### How to complete this task
Where a line contains the word "texts", copy that line from the records below.

### Materials provided
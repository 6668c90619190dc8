-- ===== src/Contract/Consistency.antt =====
-- What holds of every accepted contract (crates/patchwright-core/src/contract.rs).
use patchwright.Prelude.{
  All, map, any, ok, ◌≢◌, reject_if-eq-ok, ℕ, ◌≤◌, ◌≡◌, refl, subst, false, List, [], ◌∷◌, Option,
  some, ok, arith, is_empty, length, contains, nat_eq, list_eq, option_eq, same_option_iff,
}
use patchwright.Prelude.Text.{Text, trim}
use patchwright.Prelude.Text.Laws.{trim_idempotent}
use patchwright.Contract.Fields.{nonempty}
use patchwright.Contract.Source.{TaskSource, GitHubPullRequestSource, github_pull_request}
use patchwright.Contract.Parts.{collect_set}
use patchwright.Contract.Tasks.{
  TaskContractDraft, TaskContract, is_bad_criteria, is_unbound, is_bad_dependencies, try_from,
}
use patchwright.Contract.RoundTrips.{try_from-IsAccepted}

-- No element occurs again behind itself.
abbrev pub IsDistinct : List ℕ → Type 0
IsDistinct [] = Unit
IsDistinct (x ∷ xs) = (contains xs x ≡ false) × IsDistinct xs

contains-collect_set : (xs : List ℕ) (y : ℕ) → contains (collect_set xs) y ≡ contains xs y
unfolding collect_set
contains-collect_set [] y = refl
contains-collect_set (x ∷ xs) y =
    ground (arith, contains-collect_set xs y, contains-collect_set xs x)

length-collect_set : (xs : List ℕ) → length (collect_set xs) ≤ length xs
unfolding collect_set
length-collect_set [] = omega arith
length-collect_set (x ∷ xs) = ground (arith, length-collect_set xs)

collect_set-IsDistinct : (xs : List ℕ) → length (collect_set xs) ≡ length xs → IsDistinct xs
unfolding collect_set
collect_set-IsDistinct [] h = tt
collect_set-IsDistinct (x ∷ xs) h = (
  ground (arith, contains-collect_set xs x, length-collect_set xs),
  collect_set-IsDistinct xs (ground (arith, contains-collect_set xs x, length-collect_set xs)),
)

not_empty : {A : Type 0} (xs : List A) → is_empty xs ≡ false → xs ≢ []
not_empty [] h e = cc
not_empty (x ∷ xs) h e = cc

-- A text that is not blank and has no white space around it.
abbrev pub IsWritten : Text → Type 0
IsWritten text = (trim text ≡ text) × (text ≢ [])

map-trim-IsWritten :
    (texts : List Text) → any (map trim texts) is_empty ≡ false → All IsWritten (map trim texts)
map-trim-IsWritten [] h = tt
map-trim-IsWritten (t ∷ ts) h =
    ((trim_idempotent t, not_empty (trim t) (ground arith)), map-trim-IsWritten ts (ground arith))

criteria-IsWritten :
    (texts : List Text)
    → is_bad_criteria (map trim texts) ≡ false
    → (map trim texts ≢ []) × All IsWritten (map trim texts)
unfolding is_bad_criteria
criteria-IsWritten texts h =
    (not_empty (map trim texts) (ground arith), map-trim-IsWritten texts (ground arith))

goal-IsWritten : (goal : Text) → nonempty (trim goal) "goal" ≡ ok tt → IsWritten (trim goal)
unfolding nonempty
goal-IsWritten goal h = (
  trim_idempotent goal,
  not_empty (trim goal) (
      subst (λ text. is_empty text ≡ false) (trim_idempotent goal)
        (reject_if-eq-ok (is_empty (trim (trim goal))) _ h)),
)

-- What a contract that was accepted promises.
pub record IsConsistent (c : TaskContract) : Type 0 where
  pub bound :
      (pull_request : GitHubPullRequestSource)
      → c.source ≡ github_pull_request pull_request
      → (c.base_sha ≡ some pull_request.base_sha) × (c.head_sha ≡ some pull_request.head_sha)
  pub distinct : IsDistinct c.dependencies
  pub independent : contains c.dependencies c.task_id ≡ false
  pub verified : is_empty c.verification_commands ≡ false
  pub criteria : (c.acceptance_criteria ≢ []) × All IsWritten c.acceptance_criteria
  pub goal : IsWritten c.goal

is_unbound-bound :
    (s : TaskSource) (base head : Option Text) (p : GitHubPullRequestSource)
    → is_unbound s base head ≡ false
    → s ≡ github_pull_request p
    → (base ≡ some p.base_sha) × (head ≡ some p.head_sha)
unfolding is_unbound
is_unbound-bound s base head p h e =
    let k = subst (λ s. is_unbound s base head ≡ false) e h in
    (
      (same_option_iff base (some p.base_sha)).0 (ground (arith, k)),
      (same_option_iff head (some p.head_sha)).0 (ground (arith, k)),
    )

independent_kept :
    (t : ℕ) (ds : List ℕ)
    → is_bad_dependencies t ds ≡ false
    → IsDistinct ds × (contains ds t ≡ false)
unfolding is_bad_dependencies
independent_kept t ds h =
    (collect_set-IsDistinct ds (ground arith), ground (arith, contains-collect_set ds t))

-- A contract that is accepted has the commits of its pull request, dependencies without repetition
-- that leave out the task itself and at least one verification command. It has a goal and at least
-- one criterion, each of them a text that is not blank and has no white space around it.
pub try_from-IsConsistent :
    (d : TaskContractDraft) (c : TaskContract) → try_from d ≡ ok c → IsConsistent c
try_from-IsConsistent d c e =
    let a = try_from-IsAccepted d c e in
    let ds = independent_kept d.task_id d.dependencies a.dependencies in
    subst IsConsistent a.same (record {
      bound = λ p. is_unbound-bound d.source d.base_sha d.head_sha p a.bound;
      distinct = ds.0;
      independent = ds.1;
      verified = a.commands;
      criteria = criteria-IsWritten d.acceptance_criteria a.criteria;
      goal = goal-IsWritten d.goal a.goal;
    })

### Solution below
    (texts : List Text) → any (map trim texts) is_empty ≡ false → All IsWritten (map trim texts)
    (texts : List Text)
    → is_bad_criteria (map trim texts) ≡ false
    → (map trim texts ≢ []) × All IsWritten (map trim texts)
criteria-IsWritten texts h =
    (not_empty (map trim texts) (ground arith), map-trim-IsWritten texts (ground arith))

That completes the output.